In all these activities, residents lived the Light Festival. They touched, felt and reimaged the materiality of Brixton’s infrastructure — the textures or, when seen up close, minute landscapes of tar, concrete, plaster, peeling paint and face brick walls. This experience transported them into a creative world in which worries about the country’s infrastructure receded.  

Just two days before the planned market and light procession, news of the horrific inner-city fire punctured this world. The staggering number of lives lost, people injured or missing, and homes and belongings destroyed at 80 Albert Street, followed by reports of xenophobic political rhetoric brought a strong message home that all is not well in Johannesburg. 

Could the festival go ahead, celebrating artists’ skilful beaming and filtering of light onto the city’s iconic infrastructure as planned for 2 September, when neglect of infrastructure and seemingly wilful disrespect of the potential danger of fire or light had caused such tragedy? 

The inner-city fire dominated the media and continues to do so. Critical analysts compare it to the Marikana massacre, a tragic moment that would change the public discourse and political landscape of South Africa.
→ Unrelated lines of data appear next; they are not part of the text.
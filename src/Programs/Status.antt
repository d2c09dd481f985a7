-- ===== src/Programs/Status.antt =====
-- The wait statuses of wait(2), and what xfs_run_prog reports of them.
use nfsplayground.Base.{ℕ, ◌+◌, ◌*◌, ◌<◌, ◌≡◌, Bool, true, false, pos, if◌then◌else◌, arith}
use nfsplayground.Programs.{exit_status}

-- How a program ends: with an exit code, or killed by a signal, with or without a core dump.
pub data Ending : Type 0 where
  exited : ℕ → Ending
  killed : ℕ → Bool → Ending

-- The status that wait(2) gives: the code in the second byte; or the signal in the low seven bits,
-- with a bit for the core dump.
pub wait_status : Ending → ℕ
wait_status (exited code) = code * 256
wait_status (killed signal core) = signal + (if core then 128 else 0)

-- What the header promises: the exit status, or 128 and the signal.
pub reported : Ending → ℕ
reported (exited code) = code
reported (killed signal core) = 128 + signal

abbrev pub IsEnding : Ending → Type 0
IsEnding (exited code) = code < 256
IsEnding (killed signal core) = (0 < signal) × (signal < 127)

-- Of every ending with a code below 256 or a signal below 127, xfs_run_prog reports what the header
-- promises, and that lies below 256.
pub exit_status-wait_status :
    (e : Ending)
    → IsEnding e
    → (exit_status (pos (wait_status e)) ≡ pos (reported e)) × (reported e < 256)
unfolding exit_status wait_status reported
exit_status-wait_status (exited code) h = (ground arith, h)
exit_status-wait_status (killed signal true) h = (ground arith, omega arith)
exit_status-wait_status (killed signal false) h = (ground arith, omega arith)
As hard evidence emerges, links are made to the dysfunctionality and irresponsibility of state institutions, the tentacles of criminal syndicates, the breakdown of structures of accountability and collapse of infrastructure. These realities resonate with Brixton. They have seemingly shaped many of its streets and have long dominated the community chats. 
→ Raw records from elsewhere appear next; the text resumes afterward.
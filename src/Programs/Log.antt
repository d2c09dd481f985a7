-- ===== src/Programs/Log.antt =====
-- Which lines of a program's log are printed.
use mathlib.Core.List.{append_assoc, append-nil}
use nfsplayground.Base.{ℕ, ◌≡◌, ◌≢◌, refl, ◌∙◌, ap, false, List, [], ◌∷◌, ◌++◌, ◌==◌}
use nfsplayground.Programs.{last_line, lines_from}

-- A line holds no newline and no zero byte.
abbrev pub IsLine : List ℕ → Type 0
IsLine [] = Unit
IsLine (c ∷ cs) = ((c == 0) ≡ false) × ((c == b'\n') ≡ false) × IsLine cs

abbrev pub AllLines : List (List ℕ) → Type 0
AllLines [] = Unit
AllLines (l ∷ ls) = IsLine l × AllLines ls

-- Lines that end in a newline, then a last one that does not.
pub joined : List (List ℕ) → List ℕ → List ℕ
joined [] end = end
joined (l ∷ ls) end = l ++ b'\n' ∷ joined ls end

lines_from-line :
    (before l rest : List ℕ)
    → IsLine l
    → lines_from before (l ++ rest) ≡ lines_from (before ++ l) rest
unfolding lines_from
lines_from-line before [] rest h = rw append-nil
lines_from-line before (c ∷ cs) rest (nonzero, other, h) =
    rw (nonzero, other) (lines_from-line (before ++ c ∷ []) cs rest h ∙ rw append_assoc)

lines_from-joined :
    (ls : List (List ℕ)) (end rest : List ℕ)
    → AllLines ls
    → lines_from [] (joined ls (end ++ rest)) ≡ ls ++ lines_from [] (end ++ rest)
unfolding joined lines_from
lines_from-joined [] end rest h = refl
lines_from-joined (l ∷ ls) end rest h =
    lines_from-line [] l (b'\n' ∷ joined ls (end ++ rest)) h.0
    ∙ ap (λ t. l ∷ t) (lines_from-joined ls end rest h.1)

-- The lines printed of a text: those that end in a newline, and its end, unless that is empty.
abbrev pub Printed : List (List ℕ) → List (List ℕ) → List ℕ → Type 0
Printed printed ls end = (end ≡ [] → printed ≡ ls) × (end ≢ [] → printed ≡ ls ++ end ∷ [])

last_line-Printed :
    (printed ls : List (List ℕ)) (end : List ℕ)
    → printed ≡ ls ++ last_line end
    → Printed printed ls end
unfolding last_line
last_line-Printed printed ls [] e = (λ _. e ∙ rw append-nil refl, λ some. absurd (some refl))
last_line-Printed printed ls (c ∷ cs) e = (λ none. absurd (cc none), λ _. e)

-- Of the bytes given to the loop that prints a log, if they are lines that end in a newline and then
-- an end without one, each line is printed once and in order, and then the end, unless it is empty;
-- a zero byte behind it ends the text, whatever stands after that.
pub lines_from-text :
    (ls : List (List ℕ)) (end junk : List ℕ)
    → AllLines ls
    → IsLine end
    → Printed (lines_from [] (joined ls end)) ls end
      × Printed (lines_from [] (joined ls (end ++ 0 ∷ junk))) ls end
unfolding lines_from
lines_from-text ls end junk h k = (
  last_line-Printed _ ls end (
      rw append-nil at
        (lines_from-joined ls end [] h ∙ ap (λ t. ls ++ t) (lines_from-line [] end [] k))),
  last_line-Printed _ ls end (
      lines_from-joined ls end (0 ∷ junk) h
      ∙ ap (λ t. ls ++ t) (lines_from-line [] end (0 ∷ junk) k)),
)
Brixton has its share of “hijacked” buildings. Rent-paying occupants are seen evicted onto pavements with accounts that armed hijackers install new and more lucrative numbers of tenants. Some of Brixton’s densification occurs in this unplanned “hijacked” fashion. With notable exceptions, actual as well as fraudulent landlords subdivide buildings with impunity with no regard for safety or for the capacity of the neighbourhood’s infrastructure. It is generally assumed that when reported to the police or building inspector, complaints are not investigated. 

Several waves of xenophobia have swept through Brixton since the frightful attacks of 2008. The Brixton Community Forum has tried to push back against xenophobic mobilisation but could not prevent the anti-foreigner Operation Dudula from opening a Brixton branch in 2022. 
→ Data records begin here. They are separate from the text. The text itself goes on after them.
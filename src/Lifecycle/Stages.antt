-- ===== src/Lifecycle/Stages.antt =====
-- What a bring-up leaves standing at each of its exits.
use nfsplayground.Base.{
  ℕ, ◌≡◌, ◌≢◌, refl, ◌∙◌, ap, inl, inr, true, false, none, ℤ, pos, nonzero, ◌>>=◌, ◌>>◌, ltb, some,
  Bool-cases, Option-cases,
}
use nfsplayground.Kernel.{Kernel}
use nfsplayground.Fixture.{Fixture, sys}
use nfsplayground.Settle.{mnt}
use nfsplayground.Mounts.{client_opts, mount_at}
use nfsplayground.Server.{configure_exports, start_nfsd}
use nfsplayground.Lifecycle.{
  Fix, try_then, make_dirs, mount_tmpfs, finish, from_nfsd, from_nfsdfs, from_tmpfs, bringup,
  nfsdfs_dir,
}

module _ {K : Kernel} where
  -- The first `k` of the four stages stand: tmpfs, the nfsd filesystem, knfsd, the client mount.
  pub record At (k : ℕ) (w : Fixture K) : Type 0 where
    pub tmpfs : w.tmpfs_mounted ≡ ltb 0 k
    pub nfsdfs : w.nfsdfs_mounted ≡ ltb 1 k
    pub nfsd : w.nfsd_up ≡ ltb 2 k
    pub client : w.client_mounted ≡ ltb 3 k

  -- The statics that a bring-up does not touch are as they were.
  pub record Alike (v w : Fixture K) : Type 0 where
    pub saved : w.saved_creds ≡ v.saved_creds
    pub override : w.override ≡ v.override
    pub refs : w.fixture_refs ≡ v.fixture_refs

  -- The steps of a bring-up that can fail, each with the number of stages that stand before it.
  pub data StageStep : ℕ → Fix K ℤ → Type 0 where
    directories : StageStep 0 (make_dirs K)
    tmpfs_mount : StageStep 0 (mount_tmpfs K)
    nfsdfs_mount : StageStep 1 (sys (mount_at K "nfsd" nfsdfs_dir "nfsd" none))
    exports : StageStep 2 (sys (configure_exports K))
    server : StageStep 2 (sys (start_nfsd K))
    client_mount : StageStep 3 (sys (mount_at K "127.0.0.1:/" mnt "nfs4" (some client_opts)))

  -- A bring-up that ended: with 0 once all four stages stand and the root is remembered, or with the
  -- error of the step that failed, with those stages standing that stand before this step.
  pub data Brought (v : Fixture K) : ℤ × Fixture K → Type 0 where
    up : {w : Fixture K} → At 4 w → w.bringup_root ≢ none → Alike v w → Brought v (pos 0, w)
    stopped :
        {err : ℤ} {w : Fixture K} (k : ℕ) (step : Fix K ℤ) (before : Fixture K)
        → StageStep k step
        → At k before
        → step before ≡ (err, w)
        → nonzero err ≡ true
        → At k w
        → Alike v w
        → Brought v (err, w)

  try_then-rule :
      (P : ℤ × Fixture K → Type 0) (step rest : Fix K ℤ) (w : Fixture K)
      → (nonzero (step w).0 ≡ true → P (step w))
      → (nonzero (step w).0 ≡ false → P (rest (step w).1))
      → P (try_then K step rest w)
  unfolding try_then
  try_then-rule P step rest w bad good = elim (Bool-cases (nonzero (step w).0)) [
    | inl e ↦ rw e (bad e)
    | inr e ↦ rw e (good e)
  ]

  -- A step that changes no static variable.
  abbrev Keeps : Fix K ℤ → Type 0
  Keeps f = (w : Fixture K) → (f w).1 ≡ record w { machine = (f w).1.machine }

  try_then-Keeps : (step rest : Fix K ℤ) → Keeps step → Keeps rest → Keeps (try_then K step rest)
  try_then-Keeps step rest ks kr w =
      try_then-rule (λ r. r.1 ≡ record w { machine = r.1.machine }) step rest w (λ _. ks w)
        (λ _.
          kr (step w).1
          ∙ ap {A = Fixture K} (λ v. record v { machine = (rest (step w).1).1.machine }) (ks w))

  make_dirs-Keeps : Keeps (make_dirs K)
  unfolding make_dirs
  make_dirs-Keeps =
      try_then-Keeps _ _ (λ w. refl)
        (try_then-Keeps _ _ (λ w. refl)
          (try_then-Keeps _ _ (λ w. refl) (try_then-Keeps _ _ (λ w. refl) (λ w. refl))))

  At-Keeps : (f : Fix K ℤ) (k : ℕ) (w : Fixture K) → Keeps f → At k w → At k (f w).1
  At-Keeps f k w ks a = record {
    tmpfs = ap (λ v. v.tmpfs_mounted) (ks w) ∙ a.tmpfs;
    nfsdfs = ap (λ v. v.nfsdfs_mounted) (ks w) ∙ a.nfsdfs;
    nfsd = ap (λ v. v.nfsd_up) (ks w) ∙ a.nfsd;
    client = ap (λ v. v.client_mounted) (ks w) ∙ a.client;
  }

  Alike-Keeps : (f : Fix K ℤ) (v w : Fixture K) → Keeps f → Alike v w → Alike v (f w).1
  Alike-Keeps f v w ks a = record {
    saved = ap (λ u. u.saved_creds) (ks w) ∙ a.saved;
    override = ap (λ u. u.override) (ks w) ∙ a.override;
    refs = ap (λ u. u.fixture_refs) (ks w) ∙ a.refs;
  }

  finish-Brought : (v w : Fixture K) → At 3 w → Alike v w → Brought v (finish K w)
  unfolding finish
  finish-Brought v w at_stage alike = elim (Option-cases w.bringup_root) [
    | inl nothing ↦
        rw (nothing, ◌>>=◌, ◌>>◌)
          (up
            (record {
              tmpfs = at_stage.tmpfs;
              nfsdfs = at_stage.nfsdfs;
              nfsd = at_stage.nfsd;
              client = refl;
            })
            (λ e. cc)
            (record { saved = alike.saved; override = alike.override; refs = alike.refs }))
    | inr (old, there) ↦
        rw (there, ◌>>=◌, ◌>>◌)
          (up
            (record {
              tmpfs = at_stage.tmpfs;
              nfsdfs = at_stage.nfsdfs;
              nfsd = at_stage.nfsd;
              client = refl;
            })
            (λ e. cc)
            (record { saved = alike.saved; override = alike.override; refs = alike.refs }))
  ]

  -- A step that keeps the statics, at stage `k`: if it fails the bring-up stops there.
  step-Brought :
      (v w : Fixture K) (k : ℕ) (step rest : Fix K ℤ)
      → StageStep k step
      → Keeps step
      → At k w
      → Alike v w
      → ((u : Fixture K) → At k u → Alike v u → Brought v (rest u))
      → Brought v (try_then K step rest w)
  step-Brought v w k step rest stage ks a alike next =
      try_then-rule (Brought v) step rest w
        (λ bad.
          stopped k step w stage a refl bad (At-Keeps step k w ks a)
            (Alike-Keeps step v w ks alike))
        (λ _. next (step w).1 (At-Keeps step k w ks a) (Alike-Keeps step v w ks alike))

  from_nfsd-Brought : (v w : Fixture K) → At 2 w → Alike v w → Brought v (from_nfsd K w)
  unfolding from_nfsd
  from_nfsd-Brought v w a alike =
      step-Brought v (record w { nfsd_up = true }) 3 _ _ client_mount (λ u. refl)
        (record { tmpfs = a.tmpfs; nfsdfs = a.nfsdfs; nfsd = refl; client = a.client })
        (record { saved = alike.saved; override = alike.override; refs = alike.refs })
        (finish-Brought v)

  from_nfsdfs-Brought : (v w : Fixture K) → At 1 w → Alike v w → Brought v (from_nfsdfs K w)
  unfolding from_nfsdfs
  from_nfsdfs-Brought v w a alike =
      step-Brought v (record w { nfsdfs_mounted = true }) 2 _ _ exports (λ u. refl)
        (record { tmpfs = a.tmpfs; nfsdfs = refl; nfsd = a.nfsd; client = a.client })
        (record { saved = alike.saved; override = alike.override; refs = alike.refs })
        (λ u a' alike'. step-Brought v u 2 _ _ server (λ u. refl) a' alike' (from_nfsd-Brought v))

  from_tmpfs-Brought : (v w : Fixture K) → At 0 w → Alike v w → Brought v (from_tmpfs K w)
  unfolding from_tmpfs
  from_tmpfs-Brought v w a alike =
      step-Brought v (record w { tmpfs_mounted = true }) 1 _ _ nfsdfs_mount (λ u. refl)
        (record { tmpfs = refl; nfsdfs = a.nfsdfs; nfsd = a.nfsd; client = a.client })
        (record { saved = alike.saved; override = alike.override; refs = alike.refs })
        (from_nfsdfs-Brought v)

  -- From a state with nothing up, xfs_bringup returns 0 with all four stages up and the root
  -- remembered; or it returns the error of one of its six steps that failed, the directories and the
  -- tmpfs mount with no stage up, the nfsd mount with the tmpfs up, the exports and the start of knfsd
  -- with the tmpfs and the nfsd filesystem up, and the client mount with these and knfsd up, and no
  -- other stage is up then. The reference count and the switched credentials are untouched.
  pub bringup-Brought : (w : Fixture K) → At 0 w → Brought w (bringup K w)
  unfolding bringup mount_tmpfs
  bringup-Brought w a =
      step-Brought w w 0 _ _ directories make_dirs-Keeps a
        (record { saved = refl; override = refl; refs = refl })
        (λ u a' alike'.
          step-Brought w u 0 _ _ tmpfs_mount (λ u. refl) a' alike' (from_tmpfs-Brought w))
The market and procession, highlight of the Brixton Light Festival, went ahead as planned, bringing the community and crowds of visitors into a warm embrace. Though not noticed by everyone gathered in Kingston Frost Park, the festivities opened with a quiet tribute to those affected by the inner-city fire before an awe-filled mass began its procession through the ordinary streets of Brixton. Raised cell phones reached for vantage points to capture 25 well-rehearsed performances involving a wide diversity of adults, youths and children. 

Music, vocals, dance and pantomime transformed and activated intersections, entrances and façades of shops as well as residential doorways, garages, windows and roofs. Locally crafted sailing boats fastened to hardhats worn by children bobbed up and down across the watershed-themed tar. The bright yellow front of a pawnshop formed the stage for two local singers, and an ordinary barbershop lit from inside made for a stunning display. 

As during the Light Festival of 2022, Sentech Tower came to life in elegant patterns, red and blue light amplified the classical shapes of the water tower, and the once-conservative NG Kerk formed a stage of multicoloured light for a pounding metal band. These features of the Brixton Light Festival hold two messages for the juncture South Africa finds itself at. One is care and love for the infrastructure residents collectively depend on, the other is a seemingly unlikely embrace across barriers. 

If the open procession in this bottom-up and equalising festival could sweep office bearers and decision-makers into its human mass of awe-filled sensory stimulation and celebration, there is hope for a better South Africa. 

Marie Huchzermeyer teaches in the School of Architecture and Planning at the University of the Witwatersrand and lives in Brixton.